There are three recognized categories of landmarks. Type 1 landmarks are defined locally, i.e. in terms of structures close to that point; for example, an intersection between three sutures, or intersections between veins on an insect wing are locally defined and surrounded by tissue on all sides. Type 3 landmarks, in contrast, are defined in terms of points far away from the landmark, and are often defined in terms of a point "furthest away" from another point. Type 2 landmarks are intermediate; this category includes points such as the tip structure, or local minima and maxima of curvature. They are defined in terms of local features, but they are not surrounded on all sides. In addition to landmarks, there are semilandmarks, points whose position along a curve is arbitrary but which provide information about curvature in two or three dimensions.

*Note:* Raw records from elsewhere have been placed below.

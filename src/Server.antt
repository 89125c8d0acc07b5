-- ===== src/Server.antt =====
-- The start of src/block_server/server.cpp: the key files that a configuration asks for. What its main
-- function starts after that is wiring.
pub mod Keys
use myblockchain.Prelude.{
  ℕ, ◌+◌, List, [], ◌∷◌, ◌++◌, Bool, true, false, Option, none, some, if◌then◌else◌, String,
}
use myblockchain.CryptoSign.{OpenSsl, Attempts, Files, generate_key_files}
use myblockchain.YamlConfig.{
  Yaml, ServerConfigStruct, EpochConfigStruct, init_crypto, get_block_server_ips,
  get_block_server_config, get_epoch_server_config,
}

-- The two pairs of files of a server, its own and its users'.
abbrev pub server_pairs : ServerConfigStruct → List (String × String)
server_pairs c =
    (c.pub_file_path, c.pri_file_path) ∷ (c.usr_pub_file_path, c.usr_pri_file_path) ∷ []

abbrev pub epoch_pairs : EpochConfigStruct → List (String × String)
epoch_pairs c = (c.pub_file_path, c.pri_file_path) ∷ []

-- The n-th call of generateKeyFiles has the n-th attempts and pair of keys. Whether it has success is
-- not looked at.
module _ (ssl : OpenSsl) (attempts : ℕ → Attempts) (rsa : ℕ → ssl.Rsa) (password : String) where
  unfoldable pub generate_all : ℕ → List (String × String) → Files ssl → Files ssl
  generate_all n [] files = files
  generate_all n ((pub_keyfile, pri_keyfile) ∷ pairs) files =
      generate_all (n + 1) pairs
        (generate_key_files ssl (attempts n) (rsa n) pub_keyfile pri_keyfile password files).1

  module _ (yaml : Yaml) where
    -- The loop over the servers: whether the program goes on, the number of calls, and the files. An
    -- exception ends the program, and so does the read through a null pointer.
    unfoldable pub block_server_keys :
        ℕ → List String → yaml.Node → Files ssl → Bool × ℕ × Files ssl
    block_server_keys n [] config files = (true, n, files)
    block_server_keys n (ip ∷ ips) config files = elim (get_block_server_config yaml ip config) [
      | none ↦ (false, n, files)
      | some server ↦ elim server [
        | none ↦ (false, n, files)
        | some c ↦ block_server_keys (n + 1 + 1) ips config (generate_all n (server_pairs c) files)
      ]
    ]

    unfoldable pub epoch_server_keys : ℕ → yaml.Node → Files ssl → Bool × Files ssl
    epoch_server_keys n config files = elim (get_epoch_server_config yaml config) [
      | none ↦ (false, files)
      | some server ↦ elim server [
        | none ↦ (false, files)
        | some c ↦ (true, generate_all n (epoch_pairs c) files)
      ]
    ]

    unfoldable pub init_keys : yaml.Node → Files ssl → Bool × Files ssl
    init_keys config files = elim (init_crypto yaml config) [
      | none ↦ (false, files)
      | some wanted ↦
          if wanted
          then (elim (get_block_server_ips yaml config) [
            | none ↦ (false, files)
            | some ips ↦
                let (goes_on, n, made) = block_server_keys 0 ips config files in
                let rest = epoch_server_keys n config made in
                if goes_on then rest else (false, made)
          ])
          else (true, files)
    ]
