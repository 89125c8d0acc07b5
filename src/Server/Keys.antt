-- ===== src/Server/Keys.antt =====
-- The key files that server.cpp makes fit together.
use myblockchain.Prelude.{
  ℕ, ◌+◌, ◌≡◌, ◌≢◌, refl, sym, ap, ◌∙◌, List, [], ◌∷◌, ◌++◌, true, some, String, All, Nodup, length,
  arith,
}
use myblockchain.CryptoSign.{
  OpenSsl, Attempts, Files, generate_key_files, crypto_sign, open_public_key, open_private_key,
}
use myblockchain.CryptoSign.Keys.{crypto_sign-generate_key_files, generate_key_files-other}
use myblockchain.YamlConfig.{
  Yaml, ServerConfigStruct, EpochConfigStruct, init_crypto, get_block_server_ips,
  get_block_server_config, get_epoch_server_config,
}
use myblockchain.Server.{
  server_pairs, epoch_pairs, generate_all, block_server_keys, epoch_server_keys, init_keys,
}

-- The names of the files of the pairs.
abbrev pub names : List (String × String) → List String
names [] = []
names (pair ∷ pairs) = pair.0 ∷ pair.1 ∷ names pairs

module _ (ssl : OpenSsl) (attempts : ℕ → Attempts) (rsa : ℕ → ssl.Rsa) (password : String)
    (context : ssl.Context) where
  -- An object that is made from the two files has the two keys of one pair.
  abbrev pub HasPair : Files ssl → String × String → Type 0
  HasPair files pair =
      (r : ssl.Rsa) × ((crypto_sign ssl context pair.0 pair.1 password files).pub_key
        ≡ some (ssl.public_of r))
      × ((crypto_sign ssl context pair.0 pair.1 password files).piv_key ≡ some (ssl.private_of r))

  abbrev pub Succeeds : Type 0
  Succeeds =
      (n : ℕ) (pub_keyfile pri_keyfile : String) (files : Files ssl)
      → (generate_key_files ssl (attempts n) (rsa n) pub_keyfile pri_keyfile password files).0
        ≡ true

  HasPair-same :
      (files files' : Files ssl) (pair : String × String)
      → files' pair.0 ≡ files pair.0
      → files' pair.1 ≡ files pair.1
      → HasPair files pair
      → HasPair files' pair
  unfolding crypto_sign open_public_key open_private_key
  HasPair-same files files' pair e f h = (h.0, rw e h.1, rw f h.2)

  generate_all-other :
      (n : ℕ) (pairs : List (String × String)) (files : Files ssl) (name : String)
      → Succeeds
      → All (λ x. name ≢ x) (names pairs)
      → generate_all ssl attempts rsa password n pairs files name ≡ files name
  unfolding generate_all
  generate_all-other n [] files name succeeds a = refl
  generate_all-other n ((pub_keyfile, pri_keyfile) ∷ pairs) files name succeeds a =
      generate_all-other (n + 1) pairs _ name succeeds a.1.1
      ∙ generate_key_files-other ssl (attempts n) (rsa n) pub_keyfile pri_keyfile password files
          name (succeeds n pub_keyfile pri_keyfile files) a.0 a.1.0

  generate_all_lem :
      (n : ℕ) (pairs : List (String × String)) (files : Files ssl)
      → Succeeds
      → Nodup (names pairs)
      → All (HasPair (generate_all ssl attempts rsa password n pairs files)) pairs
  unfolding generate_all
  generate_all_lem n [] files succeeds d = tt
  generate_all_lem n ((pub_keyfile, pri_keyfile) ∷ pairs) files succeeds d =
      let next =
        (generate_key_files ssl (attempts n) (rsa n) pub_keyfile pri_keyfile password files).1 in
      let made =
        crypto_sign-generate_key_files ssl (attempts n) (rsa n) pub_keyfile pri_keyfile password
          files context d.0.0 (succeeds n pub_keyfile pri_keyfile files) in
      (
        HasPair-same next _ (pub_keyfile, pri_keyfile)
            (generate_all-other (n + 1) pairs next pub_keyfile succeeds d.0.1)
            (generate_all-other (n + 1) pairs next pri_keyfile succeeds d.1.0)
            (rsa n, made.0, made.1),
        generate_all_lem (n + 1) pairs next succeeds d.1.1,
      )

  generate_all-++ :
      (n : ℕ) (xs ys : List (String × String)) (files : Files ssl)
      → generate_all ssl attempts rsa password n (xs ++ ys) files
        ≡ generate_all ssl attempts rsa password
            (n + length xs)
            ys
            (generate_all ssl attempts rsa password n xs files)
  unfolding generate_all
  generate_all-++ n [] ys files =
      ap (λ m. generate_all ssl attempts rsa password m ys files) (omega arith)
  generate_all-++ n ((pub_keyfile, pri_keyfile) ∷ xs) ys files =
      let next =
        (generate_key_files ssl (attempts n) (rsa n) pub_keyfile pri_keyfile password files).1 in
      generate_all-++ (n + 1) xs ys next
      ∙ ap
          (λ m.
            generate_all ssl attempts rsa password m ys
              (generate_all ssl attempts rsa password (n + 1) xs next))
          (omega arith)

  module _ (yaml : Yaml) (config : yaml.Node) where
    -- The servers of a list have configurations, with these pairs of files.
    abbrev pub Configured : List String → List (String × String) → Type 0
    Configured [] pairs = pairs ≡ []
    Configured (ip ∷ ips) pairs =
        (c : ServerConfigStruct) × (rest : List (String × String)) × (get_block_server_config yaml
            ip config
          ≡ some (some c))
        × (pairs ≡ server_pairs c ++ rest)
        × Configured ips rest

    block_server_keys_lem :
        (n : ℕ) (ips : List String) (pairs : List (String × String)) (files : Files ssl)
        → Configured ips pairs
        → block_server_keys ssl attempts rsa password yaml n ips config files
          ≡ (true, n + length pairs, generate_all ssl attempts rsa password n pairs files)
    unfolding block_server_keys generate_all
    block_server_keys_lem n [] pairs files h = rw h (ap (λ m. (true, m, files)) (omega arith))
    block_server_keys_lem n (ip ∷ ips) pairs files (c, rest, found, same, others) =
        let next = generate_all ssl attempts rsa password n (server_pairs c) files in
        rw (block_server_keys, found)
          (rw same (
            block_server_keys_lem (n + 1 + 1) ips rest next others
            ∙ ap (λ m. (true, m, generate_all ssl attempts rsa password (n + 1 + 1) rest next))
                (omega arith)))

    -- When the configuration asks for keys and has an entry for every server that it lists and for the
    -- epoch server, no file is named twice, and every call that makes a pair succeeds, the program goes
    -- on with key files for every server, its users and the epoch server: from the two files of each, an
    -- object has the two keys of one pair.
    pub init_keys_lem :
        (ips : List String) (pairs : List (String × String)) (epoch : EpochConfigStruct)
        (files : Files ssl)
        → init_crypto yaml config ≡ some true
        → get_block_server_ips yaml config ≡ some ips
        → Configured ips pairs
        → get_epoch_server_config yaml config ≡ some (some epoch)
        → Nodup (names (pairs ++ epoch_pairs epoch))
        → Succeeds
        → let after = init_keys ssl attempts rsa password yaml config files in
          (after.0 ≡ true) × All (HasPair after.1) (pairs ++ epoch_pairs epoch)
    unfolding init_keys epoch_server_keys
    init_keys_lem ips pairs epoch files wanted listed servers one once succeeds =
        let after : init_keys ssl attempts rsa password yaml config files
            ≡ (true, generate_all ssl attempts rsa password 0 (pairs ++ epoch_pairs epoch) files) =
          rw (init_keys, wanted, listed, block_server_keys_lem 0 ips pairs files servers)
            (rw (epoch_server_keys, one)
              (ap (λ made. (true, made))
                (sym (generate_all-++ 0 pairs (epoch_pairs epoch) files)))) in
        rw after (refl, generate_all_lem 0 (pairs ++ epoch_pairs epoch) files succeeds once)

Shape analysis begins by removing the information that is not about shape. By definition, shape is not altered by translation, scaling or rotation. Thus, to compare shapes, the non-shape information is removed from the coordinates of landmarks. There is more than one way to do these three operations. One method is to fix the coordinates of two points to (0,0) and (0,1), which are the two ends of a baseline. In one step, the shapes are translated to the same position (the same two coordinates are fixed to those values), the shapes are scaled (to unit baseline length) and the shapes are rotated. An alternative, and preferred method, is Procrustes superimposition. This method translates the centroid of the shapes to (0,0); the x coordinate of the centroid is the average of the x coordinates of the landmarks, and the y coordinate of the centroid is the average of the y-coordinates. Shapes are scaled to unit centroid size, which is the square root of the summed squared distances of each landmark to the centroid. The configuration is rotated to minimize the deviation between it and a reference, typically the mean shape. In the case of semi-landmarks, variation in position along the curve is also removed. Because shape space is curved, analyses are done by projecting shapes onto a space tangent to shape space. Within the tangent space, conventional multivariate statistical methods such as multivariate analysis of variance and multivariate regression, can be used to test statistical hypotheses about shape.

Procrustes-based analyses have some limitations. One is that the Procrustes superimposition uses a least-squares criterion to find the optimal rotation; consequently, variation that is localized to a single landmark will be smeared out across many. This is called the 'Pinocchio effect'. Another is that the superimposition may itself impose a pattern of covariation on the landmarks. Additionally, any information that cannot be captured by landmarks and semilandmarks cannot be analyzed, including classical measurements like "greatest skull breadth". Moreover, there are criticisms of Procrustes-based methods that motivate an alternative approach to analyzing landmark data.